Exercise objective.
Your answer should be a single number: the count of lines in the listing that contain "KickUserOffline".

--------------------------------

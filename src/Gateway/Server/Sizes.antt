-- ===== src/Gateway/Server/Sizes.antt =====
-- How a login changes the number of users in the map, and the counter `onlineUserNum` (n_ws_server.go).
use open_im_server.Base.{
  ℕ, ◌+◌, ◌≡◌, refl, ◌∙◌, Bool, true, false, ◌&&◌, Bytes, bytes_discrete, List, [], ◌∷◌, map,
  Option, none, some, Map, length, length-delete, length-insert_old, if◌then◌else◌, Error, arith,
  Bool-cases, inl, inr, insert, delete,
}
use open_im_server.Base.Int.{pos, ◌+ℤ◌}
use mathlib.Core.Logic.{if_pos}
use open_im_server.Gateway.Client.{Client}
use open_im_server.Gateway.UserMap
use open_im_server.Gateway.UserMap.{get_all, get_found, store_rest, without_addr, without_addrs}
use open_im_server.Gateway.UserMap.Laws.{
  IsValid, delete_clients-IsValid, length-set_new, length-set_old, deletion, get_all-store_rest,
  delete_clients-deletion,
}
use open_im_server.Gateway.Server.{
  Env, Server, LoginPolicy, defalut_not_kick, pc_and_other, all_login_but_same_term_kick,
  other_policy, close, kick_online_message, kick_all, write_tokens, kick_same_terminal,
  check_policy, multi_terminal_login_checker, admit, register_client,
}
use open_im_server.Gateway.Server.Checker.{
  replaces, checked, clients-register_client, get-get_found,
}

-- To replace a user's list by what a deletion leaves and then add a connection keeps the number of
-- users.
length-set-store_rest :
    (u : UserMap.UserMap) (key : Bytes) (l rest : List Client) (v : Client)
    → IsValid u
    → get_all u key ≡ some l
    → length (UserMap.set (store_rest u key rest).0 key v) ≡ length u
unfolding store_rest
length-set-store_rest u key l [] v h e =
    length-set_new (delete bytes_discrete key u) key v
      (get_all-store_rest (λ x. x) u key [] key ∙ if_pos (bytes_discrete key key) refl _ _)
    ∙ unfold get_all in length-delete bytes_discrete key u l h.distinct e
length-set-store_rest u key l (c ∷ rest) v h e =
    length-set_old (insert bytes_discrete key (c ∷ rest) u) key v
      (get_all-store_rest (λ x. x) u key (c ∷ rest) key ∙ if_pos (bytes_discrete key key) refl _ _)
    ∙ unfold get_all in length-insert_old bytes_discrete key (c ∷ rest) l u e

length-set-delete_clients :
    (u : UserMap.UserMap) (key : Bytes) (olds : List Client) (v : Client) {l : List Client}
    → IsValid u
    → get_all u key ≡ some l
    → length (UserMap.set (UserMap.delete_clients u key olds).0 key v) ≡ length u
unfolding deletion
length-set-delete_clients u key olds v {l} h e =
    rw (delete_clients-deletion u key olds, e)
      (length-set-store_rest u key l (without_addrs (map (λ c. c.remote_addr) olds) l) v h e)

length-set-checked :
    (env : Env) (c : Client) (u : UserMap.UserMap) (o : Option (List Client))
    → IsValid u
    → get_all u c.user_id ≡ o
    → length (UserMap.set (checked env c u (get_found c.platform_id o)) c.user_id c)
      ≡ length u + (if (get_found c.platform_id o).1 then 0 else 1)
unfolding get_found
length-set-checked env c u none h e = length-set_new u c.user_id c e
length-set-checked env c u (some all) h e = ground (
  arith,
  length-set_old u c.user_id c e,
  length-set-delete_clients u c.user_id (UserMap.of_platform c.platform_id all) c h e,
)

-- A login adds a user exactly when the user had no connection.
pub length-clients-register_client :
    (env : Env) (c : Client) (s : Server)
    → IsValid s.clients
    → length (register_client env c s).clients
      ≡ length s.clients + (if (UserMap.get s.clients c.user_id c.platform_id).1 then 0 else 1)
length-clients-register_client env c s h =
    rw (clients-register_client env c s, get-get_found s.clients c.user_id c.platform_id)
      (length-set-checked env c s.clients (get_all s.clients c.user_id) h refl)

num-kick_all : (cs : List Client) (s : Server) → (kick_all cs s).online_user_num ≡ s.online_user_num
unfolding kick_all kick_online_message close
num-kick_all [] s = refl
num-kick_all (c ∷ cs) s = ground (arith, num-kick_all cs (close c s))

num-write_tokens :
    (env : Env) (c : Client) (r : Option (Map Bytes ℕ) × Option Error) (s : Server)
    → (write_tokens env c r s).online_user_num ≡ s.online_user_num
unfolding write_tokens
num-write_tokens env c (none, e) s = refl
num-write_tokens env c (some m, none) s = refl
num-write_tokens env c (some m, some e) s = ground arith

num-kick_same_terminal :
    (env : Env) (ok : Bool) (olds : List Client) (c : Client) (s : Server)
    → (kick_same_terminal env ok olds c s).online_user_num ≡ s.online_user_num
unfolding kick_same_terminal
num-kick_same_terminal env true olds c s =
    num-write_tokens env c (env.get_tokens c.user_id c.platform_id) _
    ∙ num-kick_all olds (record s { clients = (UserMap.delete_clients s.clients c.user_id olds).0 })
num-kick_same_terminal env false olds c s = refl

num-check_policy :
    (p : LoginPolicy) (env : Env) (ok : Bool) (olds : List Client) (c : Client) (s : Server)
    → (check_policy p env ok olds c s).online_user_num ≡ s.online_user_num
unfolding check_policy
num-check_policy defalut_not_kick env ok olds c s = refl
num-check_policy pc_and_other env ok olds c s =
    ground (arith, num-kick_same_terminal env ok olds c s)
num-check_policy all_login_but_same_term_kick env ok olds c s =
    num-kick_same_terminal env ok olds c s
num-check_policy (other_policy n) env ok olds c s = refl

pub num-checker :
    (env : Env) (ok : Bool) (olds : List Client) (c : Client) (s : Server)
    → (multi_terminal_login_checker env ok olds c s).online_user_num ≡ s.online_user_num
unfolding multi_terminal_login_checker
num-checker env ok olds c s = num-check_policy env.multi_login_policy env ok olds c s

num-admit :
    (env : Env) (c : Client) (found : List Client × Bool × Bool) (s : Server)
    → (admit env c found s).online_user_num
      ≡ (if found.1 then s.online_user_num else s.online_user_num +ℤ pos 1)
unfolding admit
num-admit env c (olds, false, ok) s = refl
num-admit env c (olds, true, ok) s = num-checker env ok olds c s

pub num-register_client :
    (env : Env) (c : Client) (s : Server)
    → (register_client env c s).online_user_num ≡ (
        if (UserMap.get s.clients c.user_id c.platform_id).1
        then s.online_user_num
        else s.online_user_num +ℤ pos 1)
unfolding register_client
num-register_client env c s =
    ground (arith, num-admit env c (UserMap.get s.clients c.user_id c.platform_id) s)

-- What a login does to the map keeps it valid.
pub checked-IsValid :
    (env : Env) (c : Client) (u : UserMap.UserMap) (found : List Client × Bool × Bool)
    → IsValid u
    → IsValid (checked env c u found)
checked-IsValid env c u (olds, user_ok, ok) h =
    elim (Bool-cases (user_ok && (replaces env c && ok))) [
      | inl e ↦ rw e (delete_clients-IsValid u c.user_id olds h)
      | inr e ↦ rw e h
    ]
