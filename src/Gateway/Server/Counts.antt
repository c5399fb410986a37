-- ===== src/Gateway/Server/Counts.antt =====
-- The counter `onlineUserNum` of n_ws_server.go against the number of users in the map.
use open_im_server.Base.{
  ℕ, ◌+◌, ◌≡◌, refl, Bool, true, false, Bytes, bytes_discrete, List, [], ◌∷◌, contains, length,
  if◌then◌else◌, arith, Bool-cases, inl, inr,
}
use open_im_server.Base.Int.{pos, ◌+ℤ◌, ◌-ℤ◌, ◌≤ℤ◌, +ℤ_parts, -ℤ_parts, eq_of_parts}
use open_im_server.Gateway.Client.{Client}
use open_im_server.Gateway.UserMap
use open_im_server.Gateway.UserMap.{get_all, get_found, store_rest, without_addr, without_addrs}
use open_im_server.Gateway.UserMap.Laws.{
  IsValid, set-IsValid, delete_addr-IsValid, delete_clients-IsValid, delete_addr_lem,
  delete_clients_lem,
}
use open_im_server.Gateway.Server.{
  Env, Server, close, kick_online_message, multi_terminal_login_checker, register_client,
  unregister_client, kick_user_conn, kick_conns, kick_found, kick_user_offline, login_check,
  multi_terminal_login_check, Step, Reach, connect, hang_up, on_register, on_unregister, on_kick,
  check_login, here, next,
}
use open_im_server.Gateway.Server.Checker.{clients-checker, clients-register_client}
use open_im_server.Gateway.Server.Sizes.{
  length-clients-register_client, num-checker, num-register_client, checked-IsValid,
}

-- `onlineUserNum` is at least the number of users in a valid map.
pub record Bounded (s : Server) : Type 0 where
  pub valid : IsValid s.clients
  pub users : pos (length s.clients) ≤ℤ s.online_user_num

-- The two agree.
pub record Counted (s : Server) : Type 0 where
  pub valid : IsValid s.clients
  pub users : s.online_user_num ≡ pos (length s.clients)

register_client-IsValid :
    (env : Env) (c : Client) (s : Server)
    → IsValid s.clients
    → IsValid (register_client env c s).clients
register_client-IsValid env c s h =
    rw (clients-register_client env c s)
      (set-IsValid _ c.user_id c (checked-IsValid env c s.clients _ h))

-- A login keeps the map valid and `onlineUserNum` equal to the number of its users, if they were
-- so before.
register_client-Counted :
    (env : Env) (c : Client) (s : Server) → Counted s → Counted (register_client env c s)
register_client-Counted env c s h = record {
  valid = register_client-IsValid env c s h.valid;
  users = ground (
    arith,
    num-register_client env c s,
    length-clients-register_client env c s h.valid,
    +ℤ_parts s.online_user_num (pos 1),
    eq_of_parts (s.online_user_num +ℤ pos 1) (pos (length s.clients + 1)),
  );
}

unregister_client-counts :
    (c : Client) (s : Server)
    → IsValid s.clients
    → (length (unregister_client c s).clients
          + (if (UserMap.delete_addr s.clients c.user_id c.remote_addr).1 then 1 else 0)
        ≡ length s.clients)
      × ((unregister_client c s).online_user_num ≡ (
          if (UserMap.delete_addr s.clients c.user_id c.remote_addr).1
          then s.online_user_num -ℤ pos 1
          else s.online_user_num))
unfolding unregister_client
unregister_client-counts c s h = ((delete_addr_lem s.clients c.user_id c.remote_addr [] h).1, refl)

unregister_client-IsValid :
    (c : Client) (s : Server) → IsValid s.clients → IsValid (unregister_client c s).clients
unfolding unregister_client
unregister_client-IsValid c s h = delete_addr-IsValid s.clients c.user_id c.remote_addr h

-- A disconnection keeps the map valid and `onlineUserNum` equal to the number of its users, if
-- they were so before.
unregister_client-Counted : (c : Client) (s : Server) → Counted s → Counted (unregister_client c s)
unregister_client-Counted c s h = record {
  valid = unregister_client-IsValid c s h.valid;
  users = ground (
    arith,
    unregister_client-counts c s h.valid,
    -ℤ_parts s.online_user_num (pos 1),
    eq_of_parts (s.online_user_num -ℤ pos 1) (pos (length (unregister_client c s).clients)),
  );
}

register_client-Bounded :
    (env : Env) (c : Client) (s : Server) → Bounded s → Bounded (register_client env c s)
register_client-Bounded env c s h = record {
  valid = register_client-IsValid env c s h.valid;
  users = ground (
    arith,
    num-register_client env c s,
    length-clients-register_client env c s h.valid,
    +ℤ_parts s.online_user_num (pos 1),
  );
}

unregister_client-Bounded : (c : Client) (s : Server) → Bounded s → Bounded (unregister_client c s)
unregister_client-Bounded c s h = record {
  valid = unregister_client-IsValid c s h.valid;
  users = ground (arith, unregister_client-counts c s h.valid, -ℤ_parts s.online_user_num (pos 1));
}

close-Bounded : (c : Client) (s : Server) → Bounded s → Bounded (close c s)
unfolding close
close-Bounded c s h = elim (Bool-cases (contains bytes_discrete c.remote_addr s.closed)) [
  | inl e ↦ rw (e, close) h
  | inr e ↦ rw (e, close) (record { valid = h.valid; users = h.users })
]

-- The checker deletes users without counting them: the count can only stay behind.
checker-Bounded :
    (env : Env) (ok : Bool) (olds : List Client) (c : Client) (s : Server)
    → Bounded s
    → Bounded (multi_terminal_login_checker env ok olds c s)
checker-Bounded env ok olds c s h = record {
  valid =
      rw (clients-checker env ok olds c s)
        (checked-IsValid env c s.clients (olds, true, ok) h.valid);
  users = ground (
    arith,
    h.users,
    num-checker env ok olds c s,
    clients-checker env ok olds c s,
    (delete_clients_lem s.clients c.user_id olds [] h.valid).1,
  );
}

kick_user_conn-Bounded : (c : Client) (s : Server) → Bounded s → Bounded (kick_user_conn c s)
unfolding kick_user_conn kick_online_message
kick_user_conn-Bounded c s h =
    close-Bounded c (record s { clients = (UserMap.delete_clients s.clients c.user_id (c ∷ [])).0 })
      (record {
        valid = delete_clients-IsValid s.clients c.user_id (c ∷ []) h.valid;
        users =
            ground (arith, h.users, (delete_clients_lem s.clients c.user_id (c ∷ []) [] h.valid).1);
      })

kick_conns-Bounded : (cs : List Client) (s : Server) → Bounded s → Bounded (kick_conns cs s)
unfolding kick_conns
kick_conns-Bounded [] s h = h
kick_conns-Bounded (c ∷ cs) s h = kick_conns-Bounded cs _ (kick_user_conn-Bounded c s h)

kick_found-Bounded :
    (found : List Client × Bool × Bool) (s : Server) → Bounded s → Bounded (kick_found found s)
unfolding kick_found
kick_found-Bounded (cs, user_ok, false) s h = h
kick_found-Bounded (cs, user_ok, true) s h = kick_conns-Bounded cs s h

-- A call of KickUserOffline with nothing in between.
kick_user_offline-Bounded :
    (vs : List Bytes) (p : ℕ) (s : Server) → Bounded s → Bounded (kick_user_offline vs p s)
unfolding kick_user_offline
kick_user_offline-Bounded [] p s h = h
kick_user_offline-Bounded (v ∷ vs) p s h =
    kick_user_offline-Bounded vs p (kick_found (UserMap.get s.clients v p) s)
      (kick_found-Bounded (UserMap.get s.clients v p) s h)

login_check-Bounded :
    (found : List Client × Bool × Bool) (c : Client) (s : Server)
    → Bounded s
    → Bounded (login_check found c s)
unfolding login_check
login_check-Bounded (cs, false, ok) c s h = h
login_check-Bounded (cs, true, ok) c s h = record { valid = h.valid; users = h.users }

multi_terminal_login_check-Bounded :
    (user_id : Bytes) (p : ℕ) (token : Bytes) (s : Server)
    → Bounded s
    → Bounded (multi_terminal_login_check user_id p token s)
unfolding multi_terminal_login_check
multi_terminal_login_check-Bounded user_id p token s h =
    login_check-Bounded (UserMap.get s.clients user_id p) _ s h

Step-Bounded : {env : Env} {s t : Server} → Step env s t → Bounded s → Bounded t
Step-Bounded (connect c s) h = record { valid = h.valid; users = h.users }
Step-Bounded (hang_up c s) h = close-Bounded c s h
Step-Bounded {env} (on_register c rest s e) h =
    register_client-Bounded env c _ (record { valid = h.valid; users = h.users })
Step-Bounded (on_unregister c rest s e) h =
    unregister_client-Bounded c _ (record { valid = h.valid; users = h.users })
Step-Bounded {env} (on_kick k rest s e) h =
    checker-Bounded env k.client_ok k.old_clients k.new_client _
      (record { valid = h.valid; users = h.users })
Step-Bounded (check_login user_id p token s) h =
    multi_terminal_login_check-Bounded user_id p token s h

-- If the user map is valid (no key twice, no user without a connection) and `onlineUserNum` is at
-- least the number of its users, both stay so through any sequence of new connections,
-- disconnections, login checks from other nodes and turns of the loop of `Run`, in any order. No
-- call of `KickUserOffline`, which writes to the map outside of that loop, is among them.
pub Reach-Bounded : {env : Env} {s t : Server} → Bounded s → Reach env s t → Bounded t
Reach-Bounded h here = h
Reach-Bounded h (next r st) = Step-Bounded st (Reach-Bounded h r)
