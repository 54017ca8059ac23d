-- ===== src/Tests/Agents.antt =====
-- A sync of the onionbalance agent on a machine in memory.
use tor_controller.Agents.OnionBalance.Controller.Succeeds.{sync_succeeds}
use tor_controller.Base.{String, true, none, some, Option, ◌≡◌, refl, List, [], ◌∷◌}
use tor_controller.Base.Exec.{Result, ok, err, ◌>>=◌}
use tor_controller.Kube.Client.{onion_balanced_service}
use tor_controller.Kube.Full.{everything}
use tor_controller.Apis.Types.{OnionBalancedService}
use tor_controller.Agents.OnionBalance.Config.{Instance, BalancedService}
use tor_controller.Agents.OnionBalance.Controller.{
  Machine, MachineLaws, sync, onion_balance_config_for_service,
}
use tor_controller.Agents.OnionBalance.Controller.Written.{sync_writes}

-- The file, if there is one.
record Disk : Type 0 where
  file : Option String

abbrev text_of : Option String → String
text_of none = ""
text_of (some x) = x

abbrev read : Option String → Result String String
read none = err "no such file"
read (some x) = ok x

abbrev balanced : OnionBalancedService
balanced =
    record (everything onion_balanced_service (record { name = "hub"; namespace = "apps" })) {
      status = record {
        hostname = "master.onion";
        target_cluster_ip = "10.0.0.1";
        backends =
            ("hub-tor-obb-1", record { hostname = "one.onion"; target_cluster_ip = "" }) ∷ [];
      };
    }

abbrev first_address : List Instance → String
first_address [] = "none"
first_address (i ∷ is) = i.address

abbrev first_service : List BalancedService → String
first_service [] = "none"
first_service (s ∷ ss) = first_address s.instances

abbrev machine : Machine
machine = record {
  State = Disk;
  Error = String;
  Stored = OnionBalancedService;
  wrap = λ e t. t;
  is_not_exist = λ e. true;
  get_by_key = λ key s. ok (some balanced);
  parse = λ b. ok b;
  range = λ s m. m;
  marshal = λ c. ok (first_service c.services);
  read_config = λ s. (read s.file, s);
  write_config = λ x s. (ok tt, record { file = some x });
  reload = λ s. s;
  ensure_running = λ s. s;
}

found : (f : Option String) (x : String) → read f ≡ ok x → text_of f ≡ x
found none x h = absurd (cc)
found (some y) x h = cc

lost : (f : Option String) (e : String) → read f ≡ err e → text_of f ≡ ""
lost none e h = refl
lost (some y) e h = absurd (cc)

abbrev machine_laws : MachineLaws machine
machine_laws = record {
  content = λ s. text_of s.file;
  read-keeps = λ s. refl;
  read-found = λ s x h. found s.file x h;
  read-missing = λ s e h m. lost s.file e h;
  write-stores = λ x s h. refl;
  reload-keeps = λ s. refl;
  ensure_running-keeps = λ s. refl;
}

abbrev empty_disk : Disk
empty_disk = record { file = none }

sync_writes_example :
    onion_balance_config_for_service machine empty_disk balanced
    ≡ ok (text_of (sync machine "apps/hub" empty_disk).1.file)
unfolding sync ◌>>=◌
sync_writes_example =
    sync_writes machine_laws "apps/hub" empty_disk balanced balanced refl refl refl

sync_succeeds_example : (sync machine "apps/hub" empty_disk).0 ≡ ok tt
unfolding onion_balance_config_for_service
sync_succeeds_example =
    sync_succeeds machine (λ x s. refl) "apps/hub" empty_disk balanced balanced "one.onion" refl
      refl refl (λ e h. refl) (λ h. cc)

--------------------------------

Solution for this problem.
2